Collected data entries:
· · · · ·

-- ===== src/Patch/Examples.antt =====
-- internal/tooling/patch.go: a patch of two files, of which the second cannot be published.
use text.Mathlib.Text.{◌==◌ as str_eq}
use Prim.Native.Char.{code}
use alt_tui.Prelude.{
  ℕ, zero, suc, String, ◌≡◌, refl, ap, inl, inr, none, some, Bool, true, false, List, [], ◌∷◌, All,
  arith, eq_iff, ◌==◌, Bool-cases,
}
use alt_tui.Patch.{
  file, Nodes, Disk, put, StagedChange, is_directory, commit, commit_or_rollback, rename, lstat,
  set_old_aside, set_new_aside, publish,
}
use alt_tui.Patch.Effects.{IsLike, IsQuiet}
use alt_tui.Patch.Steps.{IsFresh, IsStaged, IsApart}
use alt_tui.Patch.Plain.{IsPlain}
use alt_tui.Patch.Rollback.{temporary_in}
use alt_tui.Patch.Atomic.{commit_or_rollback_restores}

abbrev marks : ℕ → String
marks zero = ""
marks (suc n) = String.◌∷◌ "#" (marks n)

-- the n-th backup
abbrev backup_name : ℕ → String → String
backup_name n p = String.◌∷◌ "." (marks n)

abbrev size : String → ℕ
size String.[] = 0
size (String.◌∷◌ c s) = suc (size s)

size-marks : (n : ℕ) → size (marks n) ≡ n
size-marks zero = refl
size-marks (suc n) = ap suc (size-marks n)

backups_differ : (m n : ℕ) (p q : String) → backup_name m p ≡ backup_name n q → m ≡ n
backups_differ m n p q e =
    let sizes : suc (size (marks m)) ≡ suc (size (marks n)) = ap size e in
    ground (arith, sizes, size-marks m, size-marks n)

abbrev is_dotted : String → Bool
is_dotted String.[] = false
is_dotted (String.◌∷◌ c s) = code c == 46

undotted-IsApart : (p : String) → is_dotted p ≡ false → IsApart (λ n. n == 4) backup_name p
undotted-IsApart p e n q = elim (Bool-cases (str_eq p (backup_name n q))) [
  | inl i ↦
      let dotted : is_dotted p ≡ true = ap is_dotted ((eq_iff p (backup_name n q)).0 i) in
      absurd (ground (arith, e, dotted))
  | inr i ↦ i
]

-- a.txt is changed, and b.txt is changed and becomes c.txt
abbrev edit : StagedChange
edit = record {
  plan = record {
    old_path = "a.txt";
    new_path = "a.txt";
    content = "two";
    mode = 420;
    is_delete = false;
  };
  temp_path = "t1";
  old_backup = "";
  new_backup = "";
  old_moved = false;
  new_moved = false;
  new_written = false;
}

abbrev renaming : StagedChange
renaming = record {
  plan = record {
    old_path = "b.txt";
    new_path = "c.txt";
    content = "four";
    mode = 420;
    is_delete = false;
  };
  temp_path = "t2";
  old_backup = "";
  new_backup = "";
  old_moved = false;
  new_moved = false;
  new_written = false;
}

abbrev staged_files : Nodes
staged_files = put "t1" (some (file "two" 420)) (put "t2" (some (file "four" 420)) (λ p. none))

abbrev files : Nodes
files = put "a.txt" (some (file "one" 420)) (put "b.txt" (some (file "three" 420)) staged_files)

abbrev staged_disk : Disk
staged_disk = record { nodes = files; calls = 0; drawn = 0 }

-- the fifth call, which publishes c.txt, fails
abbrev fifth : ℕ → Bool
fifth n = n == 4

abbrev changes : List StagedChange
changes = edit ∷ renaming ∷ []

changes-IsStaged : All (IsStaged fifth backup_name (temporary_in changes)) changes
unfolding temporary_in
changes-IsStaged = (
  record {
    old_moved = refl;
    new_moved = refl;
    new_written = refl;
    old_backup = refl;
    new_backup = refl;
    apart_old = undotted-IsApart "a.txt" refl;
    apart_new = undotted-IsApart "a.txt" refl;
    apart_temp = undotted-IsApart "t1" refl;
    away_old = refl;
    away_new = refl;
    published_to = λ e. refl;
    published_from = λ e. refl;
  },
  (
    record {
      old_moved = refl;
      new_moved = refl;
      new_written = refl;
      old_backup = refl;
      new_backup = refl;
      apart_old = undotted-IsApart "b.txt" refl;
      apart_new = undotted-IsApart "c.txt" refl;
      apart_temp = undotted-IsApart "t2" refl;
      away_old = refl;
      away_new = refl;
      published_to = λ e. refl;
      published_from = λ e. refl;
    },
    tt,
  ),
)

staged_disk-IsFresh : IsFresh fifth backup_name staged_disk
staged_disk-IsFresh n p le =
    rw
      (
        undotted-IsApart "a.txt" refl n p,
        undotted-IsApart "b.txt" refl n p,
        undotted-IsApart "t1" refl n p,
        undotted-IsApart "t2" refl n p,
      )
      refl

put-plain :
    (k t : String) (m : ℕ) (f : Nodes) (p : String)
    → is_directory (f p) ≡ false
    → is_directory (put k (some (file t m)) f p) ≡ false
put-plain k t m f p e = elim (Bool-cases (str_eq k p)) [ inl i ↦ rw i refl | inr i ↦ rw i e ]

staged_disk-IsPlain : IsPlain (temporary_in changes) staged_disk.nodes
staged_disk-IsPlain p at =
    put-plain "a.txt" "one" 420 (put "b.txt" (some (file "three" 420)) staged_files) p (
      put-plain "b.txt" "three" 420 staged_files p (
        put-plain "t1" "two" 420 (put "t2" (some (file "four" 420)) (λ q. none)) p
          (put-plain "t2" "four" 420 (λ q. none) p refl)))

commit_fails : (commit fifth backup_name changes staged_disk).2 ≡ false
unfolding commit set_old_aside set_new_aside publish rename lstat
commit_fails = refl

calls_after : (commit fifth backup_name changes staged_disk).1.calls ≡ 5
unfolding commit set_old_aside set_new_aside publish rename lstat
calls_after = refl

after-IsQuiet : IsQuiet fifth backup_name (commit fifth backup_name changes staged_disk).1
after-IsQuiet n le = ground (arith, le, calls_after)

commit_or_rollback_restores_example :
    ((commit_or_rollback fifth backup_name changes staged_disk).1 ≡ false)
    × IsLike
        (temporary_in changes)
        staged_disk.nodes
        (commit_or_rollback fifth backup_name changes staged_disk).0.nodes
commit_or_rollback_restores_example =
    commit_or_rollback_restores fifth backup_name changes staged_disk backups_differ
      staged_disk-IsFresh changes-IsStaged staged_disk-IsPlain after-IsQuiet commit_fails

· · · · ·

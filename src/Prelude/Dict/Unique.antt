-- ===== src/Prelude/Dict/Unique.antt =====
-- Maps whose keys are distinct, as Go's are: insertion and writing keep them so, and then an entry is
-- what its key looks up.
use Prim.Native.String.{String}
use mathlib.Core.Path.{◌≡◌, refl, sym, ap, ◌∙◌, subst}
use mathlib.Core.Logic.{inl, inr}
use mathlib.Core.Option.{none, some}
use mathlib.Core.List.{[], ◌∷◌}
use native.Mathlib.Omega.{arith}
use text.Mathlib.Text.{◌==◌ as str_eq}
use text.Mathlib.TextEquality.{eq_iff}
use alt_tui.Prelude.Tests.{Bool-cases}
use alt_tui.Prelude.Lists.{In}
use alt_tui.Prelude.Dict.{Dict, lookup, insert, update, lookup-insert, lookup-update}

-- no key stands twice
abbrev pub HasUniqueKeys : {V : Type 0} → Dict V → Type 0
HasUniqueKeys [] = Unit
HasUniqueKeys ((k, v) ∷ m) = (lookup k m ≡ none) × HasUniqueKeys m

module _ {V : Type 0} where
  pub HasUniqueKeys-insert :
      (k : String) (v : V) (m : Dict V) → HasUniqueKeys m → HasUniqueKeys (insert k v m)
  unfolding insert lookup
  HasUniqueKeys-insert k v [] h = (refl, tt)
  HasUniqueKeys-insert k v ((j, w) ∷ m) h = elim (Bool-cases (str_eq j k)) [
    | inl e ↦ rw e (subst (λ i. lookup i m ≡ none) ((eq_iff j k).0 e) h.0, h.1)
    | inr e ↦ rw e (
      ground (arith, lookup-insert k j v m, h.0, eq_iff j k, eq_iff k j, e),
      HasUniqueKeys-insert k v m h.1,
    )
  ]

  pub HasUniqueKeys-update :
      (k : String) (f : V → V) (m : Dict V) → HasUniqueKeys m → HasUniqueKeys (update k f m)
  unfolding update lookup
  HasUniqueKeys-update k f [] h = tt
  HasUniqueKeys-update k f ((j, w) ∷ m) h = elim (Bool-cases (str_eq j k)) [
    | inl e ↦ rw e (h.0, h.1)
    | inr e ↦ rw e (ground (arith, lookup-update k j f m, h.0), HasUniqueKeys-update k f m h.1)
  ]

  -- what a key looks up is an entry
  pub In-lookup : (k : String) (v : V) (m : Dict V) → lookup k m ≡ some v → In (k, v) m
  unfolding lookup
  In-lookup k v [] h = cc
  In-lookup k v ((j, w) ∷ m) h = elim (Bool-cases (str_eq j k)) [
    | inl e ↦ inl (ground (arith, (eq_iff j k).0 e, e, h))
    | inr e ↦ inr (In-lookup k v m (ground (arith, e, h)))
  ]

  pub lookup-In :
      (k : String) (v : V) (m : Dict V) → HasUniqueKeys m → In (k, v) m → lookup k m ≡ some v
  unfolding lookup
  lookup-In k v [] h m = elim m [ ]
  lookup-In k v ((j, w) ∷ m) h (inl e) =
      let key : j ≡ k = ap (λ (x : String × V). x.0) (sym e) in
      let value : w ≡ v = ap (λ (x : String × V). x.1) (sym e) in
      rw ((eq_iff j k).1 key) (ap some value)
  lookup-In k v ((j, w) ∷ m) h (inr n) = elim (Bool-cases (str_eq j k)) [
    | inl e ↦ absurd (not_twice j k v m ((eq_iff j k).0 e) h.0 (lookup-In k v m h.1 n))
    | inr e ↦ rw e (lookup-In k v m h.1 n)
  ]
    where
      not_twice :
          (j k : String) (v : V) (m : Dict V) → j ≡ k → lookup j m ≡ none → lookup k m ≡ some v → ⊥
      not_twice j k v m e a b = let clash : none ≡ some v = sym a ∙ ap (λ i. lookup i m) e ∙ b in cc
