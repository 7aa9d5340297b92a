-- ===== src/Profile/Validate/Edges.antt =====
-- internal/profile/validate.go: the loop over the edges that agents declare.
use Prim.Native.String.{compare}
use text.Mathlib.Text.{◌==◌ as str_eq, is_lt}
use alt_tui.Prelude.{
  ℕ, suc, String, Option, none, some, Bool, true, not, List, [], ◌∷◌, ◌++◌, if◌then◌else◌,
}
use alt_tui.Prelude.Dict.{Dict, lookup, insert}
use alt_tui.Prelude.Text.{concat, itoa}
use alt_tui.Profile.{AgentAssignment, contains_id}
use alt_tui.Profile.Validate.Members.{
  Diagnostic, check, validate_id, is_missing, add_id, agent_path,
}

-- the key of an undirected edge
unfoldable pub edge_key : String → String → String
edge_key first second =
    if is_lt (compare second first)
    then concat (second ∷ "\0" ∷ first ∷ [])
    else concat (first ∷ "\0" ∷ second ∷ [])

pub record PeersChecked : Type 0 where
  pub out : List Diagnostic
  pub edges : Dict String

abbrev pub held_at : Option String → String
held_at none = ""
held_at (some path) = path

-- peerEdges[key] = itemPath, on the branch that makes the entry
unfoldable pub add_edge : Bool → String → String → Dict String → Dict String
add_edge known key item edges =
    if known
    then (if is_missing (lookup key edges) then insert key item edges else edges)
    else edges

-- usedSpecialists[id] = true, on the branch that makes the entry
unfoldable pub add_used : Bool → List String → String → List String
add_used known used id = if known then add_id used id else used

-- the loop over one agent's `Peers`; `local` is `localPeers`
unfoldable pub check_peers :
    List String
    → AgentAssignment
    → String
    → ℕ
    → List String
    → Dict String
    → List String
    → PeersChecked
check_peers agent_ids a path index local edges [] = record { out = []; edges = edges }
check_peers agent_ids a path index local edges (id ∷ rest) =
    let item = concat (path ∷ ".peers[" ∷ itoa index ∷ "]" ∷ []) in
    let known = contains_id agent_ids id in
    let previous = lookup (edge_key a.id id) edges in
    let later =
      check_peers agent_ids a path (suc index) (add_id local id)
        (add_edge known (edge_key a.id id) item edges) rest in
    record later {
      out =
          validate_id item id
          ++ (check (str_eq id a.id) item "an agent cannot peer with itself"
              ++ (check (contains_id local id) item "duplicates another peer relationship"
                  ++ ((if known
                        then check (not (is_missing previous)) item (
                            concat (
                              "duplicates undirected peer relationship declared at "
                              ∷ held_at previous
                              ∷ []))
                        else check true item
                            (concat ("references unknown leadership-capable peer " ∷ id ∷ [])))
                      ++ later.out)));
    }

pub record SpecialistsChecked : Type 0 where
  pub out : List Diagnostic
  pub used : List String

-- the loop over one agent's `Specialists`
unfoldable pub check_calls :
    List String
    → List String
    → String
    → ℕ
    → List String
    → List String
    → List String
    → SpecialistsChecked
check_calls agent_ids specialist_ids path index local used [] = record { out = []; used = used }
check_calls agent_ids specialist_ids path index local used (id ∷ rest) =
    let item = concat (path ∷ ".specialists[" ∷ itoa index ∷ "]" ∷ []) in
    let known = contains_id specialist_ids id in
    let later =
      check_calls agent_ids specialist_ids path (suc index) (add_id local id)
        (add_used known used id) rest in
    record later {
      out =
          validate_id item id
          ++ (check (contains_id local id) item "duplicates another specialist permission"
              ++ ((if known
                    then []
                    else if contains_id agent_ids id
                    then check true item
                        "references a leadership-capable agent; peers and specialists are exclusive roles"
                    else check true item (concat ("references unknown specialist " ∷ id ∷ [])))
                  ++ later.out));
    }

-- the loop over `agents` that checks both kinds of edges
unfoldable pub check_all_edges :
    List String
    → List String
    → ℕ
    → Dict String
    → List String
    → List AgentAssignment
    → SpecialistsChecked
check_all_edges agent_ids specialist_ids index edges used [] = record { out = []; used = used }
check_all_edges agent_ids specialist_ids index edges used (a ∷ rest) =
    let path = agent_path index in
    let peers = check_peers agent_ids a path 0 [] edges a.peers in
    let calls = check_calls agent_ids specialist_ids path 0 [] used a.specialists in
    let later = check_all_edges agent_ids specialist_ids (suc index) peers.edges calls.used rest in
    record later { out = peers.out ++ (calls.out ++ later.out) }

· · · · ·

- [ABOUT THIS TASK] Out of the data above, transcribe exactly and only the lines starting with the line that has "backup_name n p" and going on through the line that has "backups_differ : (m", both included.

- [WRITTEN ANSWER]
backup_name n p = String.◌∷◌ "." (marks n)

abbrev size : String → ℕ
size String.[] = 0
size (String.◌∷◌ c s) = suc (size s)

size-marks : (n : ℕ) → size (marks n) ≡ n
size-marks zero = refl
size-marks (suc n) = ap suc (size-marks n)

backups_differ : (m n : ℕ) (p q : String) → backup_name m p ≡ backup_name n q → m ≡ n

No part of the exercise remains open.